Doctor Patient Unity
- Purpose: oppose laws which would stop surprise billing in the US medical system and cutting pay and benefits for emergency room doctors and other medical workers
- Funding: private equity firms Blackstone (owner of TeamHealth) and KKR (owner of Envision Healthcare)

= Doctor Patient Unity =

Doctor Patient Unity is corporate lobbying front group funded by private equity firm owned doctor staffing companies to oppose laws to stop surprise billing in the US medical system.
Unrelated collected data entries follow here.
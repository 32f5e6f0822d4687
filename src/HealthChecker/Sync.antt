-- ===== src/HealthChecker/Sync.antt =====
-- The proxy's view of a target's health follows the checker's.
use corridor.Prelude.{
  ℕ, ◌≡◌, refl, sym, ◌∙◌, ap, List, [], ◌∷◌, Option, none, some, Bool, true, false, arith,
  Bool-cases, inl, inr,
}
use corridor.Prelude.Text.{Text}
use corridor.Prelude.Dict.{lookup}
use corridor.Config.{HealthCheckConfig}
use corridor.LoadBalancer.Target.{Url, Store, set_health, is_healthy, is_healthy-set_health}
use corridor.LoadBalancer.Next.{LoadBalancer, targets}
use corridor.Proxy.{Balancers}
use corridor.Proxy.Health.{
  first_with, IsUpdatable, update_target_health_first, first_with-set_health,
}
use corridor.HealthChecker.Hysteresis.{record_results}
use corridor.HealthChecker.Probe.{Network, perform_check}
use corridor.HealthChecker.{
  TargetStatus, initial_status, record_result, same_health, reported, process_check_result,
  check_target, monitor_target, start_target,
}

abbrev pub with_result : Option Bool → List Bool → List Bool
with_result none rs = rs
with_result (some r) rs = r ∷ rs

-- The results of a target's checks; a check that is given up has none.
abbrev pub results : Text → HealthCheckConfig → List Network → List Bool
results u hc [] = []
results u hc (net ∷ nets) = with_result (perform_check net u hc) (results u hc nets)

-- The status is one of the service's balancer, which can be updated, and `a` is the first of its
-- targets with the status's URL; the proxy has the health that the status has.
pub record InSync (url_string : Url → Text) (lb : LoadBalancer) (a : ℕ) (st : TargetStatus × Store)
    : Type 0 where
  pub found : first_with url_string st.0.target_url st.1 (targets lb) ≡ some a
  pub agrees : is_healthy st.1 a ≡ st.0.is_healthy

pub record_result-target_url :
    (r : Bool) (s : TargetStatus) → (record_result r s).target_url ≡ s.target_url
unfolding record_result
record_result-target_url true s = refl
record_result-target_url false s = refl

pub record_result-config : (r : Bool) (s : TargetStatus) → (record_result r s).config ≡ s.config
unfolding record_result
record_result-config true s = refl
record_result-config false s = refl

pub record_result-service_name :
    (r : Bool) (s : TargetStatus) → (record_result r s).service_name ≡ s.service_name
unfolding record_result
record_result-service_name true s = refl
record_result-service_name false s = refl

same_health_sound : (b c : Bool) → same_health b c ≡ true → b ≡ c
same_health_sound true c h = sym h
same_health_sound false true h = cc
same_health_sound false false h = refl

module _ (url_string : Url → Text) (lbs : Balancers) (lb : LoadBalancer) (a : ℕ)
    (up : IsUpdatable lb) where
  set_own : (b : Bool) (h : Store) → is_healthy (set_health b a h) a ≡ b
  set_own b h = is_healthy-set_health b a a h ∙ ground arith

  pub process_check_result-InSync :
      (r : Bool) (s : TargetStatus) (h : Store)
      → lookup s.service_name lbs ≡ some lb
      → InSync url_string lb a (s, h)
      → InSync url_string lb a (process_check_result url_string lbs r (s, h))
  unfolding process_check_result
  process_check_result-InSync r s h known sync =
      let s' = record_result r s in
      let same_url = record_result-target_url r s in
      let listed : first_with url_string s'.target_url h (targets lb) ≡ some a =
        ap (λ u. first_with url_string u h (targets lb)) same_url ∙ sync.found in
      elim (Bool-cases (same_health s'.is_healthy s.is_healthy)) [
        | inl same ↦ rw same (record {
          found = listed;
          agrees = sync.agrees ∙ sym (same_health_sound s'.is_healthy s.is_healthy same);
        })
        | inr changed ↦
            let told =
              update_target_health_first url_string lbs s.service_name s.target_url s'.is_healthy h
                lb a known up sync.found in
            rw (changed, told)
              (record {
                found =
                    first_with-set_health url_string s'.target_url s'.is_healthy a h (targets lb)
                    ∙ listed;
                agrees = set_own s'.is_healthy h;
              })
      ]

  -- What a run of checks promises of the status and the store after it.
  abbrev Follows : List Bool → TargetStatus → TargetStatus × Store → Type 0
  Follows rs s out = InSync url_string lb a out × (out.0 ≡ record_results rs s)

  abbrev AllFollow : List Network → Type 0
  AllFollow nets =
      (s : TargetStatus) (h : Store)
      → lookup s.service_name lbs ≡ some lb
      → InSync url_string lb a (s, h)
      → Follows (results s.target_url s.config nets) s (monitor_target url_string lbs nets (s, h))

  reported-Follows :
      (nets : List Network)
      → AllFollow nets
      → (o : Option Bool) (s : TargetStatus) (h : Store) → lookup s.service_name lbs ≡ some lb
      → InSync url_string lb a (s, h)
      → Follows
          (with_result o (results s.target_url s.config nets))
          s
          (monitor_target url_string lbs nets (reported url_string lbs o (s, h)))
  unfolding process_check_result record_results
  reported-Follows nets rest none s h known sync = rest s h known sync
  reported-Follows nets rest (some r) s h known sync =
      let (synced, same) =
        rest (record_result r s) _ (ap (λ n. lookup n lbs) (record_result-service_name r s) ∙ known)
          (process_check_result-InSync r s h known sync) in
      (
        synced,
        same
            ∙ ap
                (λ u.
                  record_results (results u (record_result r s).config nets) (record_result r s))
                (record_result-target_url r s)
            ∙ ap (λ c. record_results (results s.target_url c nets) (record_result r s))
                (record_result-config r s),
      )

  monitor_target-Follows : (nets : List Network) → AllFollow nets
  unfolding monitor_target check_target record_results
  monitor_target-Follows [] s h known sync = (sync, refl)
  monitor_target-Follows (net ∷ nets) s h known sync =
      reported-Follows nets (monitor_target-Follows nets) (perform_check net s.target_url s.config)
        s h known sync

  start_target-InSync :
      (service u : Text) (hc : HealthCheckConfig) (h : Store)
      → lookup service lbs ≡ some lb
      → first_with url_string u h (targets lb) ≡ some a
      → InSync url_string lb a (start_target url_string lbs service u hc h)
  unfolding start_target
  start_target-InSync service u hc h known found =
      rw (update_target_health_first url_string lbs service u true h lb a known up found) (record {
        found = first_with-set_health url_string u true a h (targets lb) ∙ found;
        agrees = set_own true h;
      })

  -- For a service with a round-robin or a random balancer, started on and then checked any number
  -- of times, the health that the balancer sees of the first of its targets with the checked URL
  -- is the one that the checks' results alone determine by the two thresholds.
  pub monitor_target-is_healthy :
      (service u : Text) (hc : HealthCheckConfig) (nets : List Network) (h : Store)
      → lookup service lbs ≡ some lb
      → first_with url_string u h (targets lb) ≡ some a
      → is_healthy
          (monitor_target url_string lbs nets (start_target url_string lbs service u hc h)).1
          a
        ≡ (record_results (results u hc nets) (initial_status service u hc)).is_healthy
  unfolding start_target
  monitor_target-is_healthy service u hc nets h known found =
      let out =
        monitor_target-Follows nets (initial_status service u hc) _ known
          (start_target-InSync service u hc h known found) in
      out.0.agrees ∙ ap (λ s. s.is_healthy) out.1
The group is funded by Blackstone (owner of TeamHealth) and KKR (owner of Envision Healthcare) and has spent more than $57 million on advertisements opposing the legislation to restrict surprise billing, at the same time cutting pay and benefits for emergency room doctors and other medical workers. The primary aim of the group is to stop the House Energy and Commerce Committee's No Surprises Act (HR 3630) and the Senate Health, Education, Labor and Pensions Committee's Lower Health Care Costs Act (S 1895). The group's tactics include targeting specific lawmakers who are standing for reelection in 2020 including Sen. John Cornyn (R-Tex.), Rep. Dan Kildee (D-Mich.) and Sen. Marsha Blackburn (R-Tenn.) and fearmongering.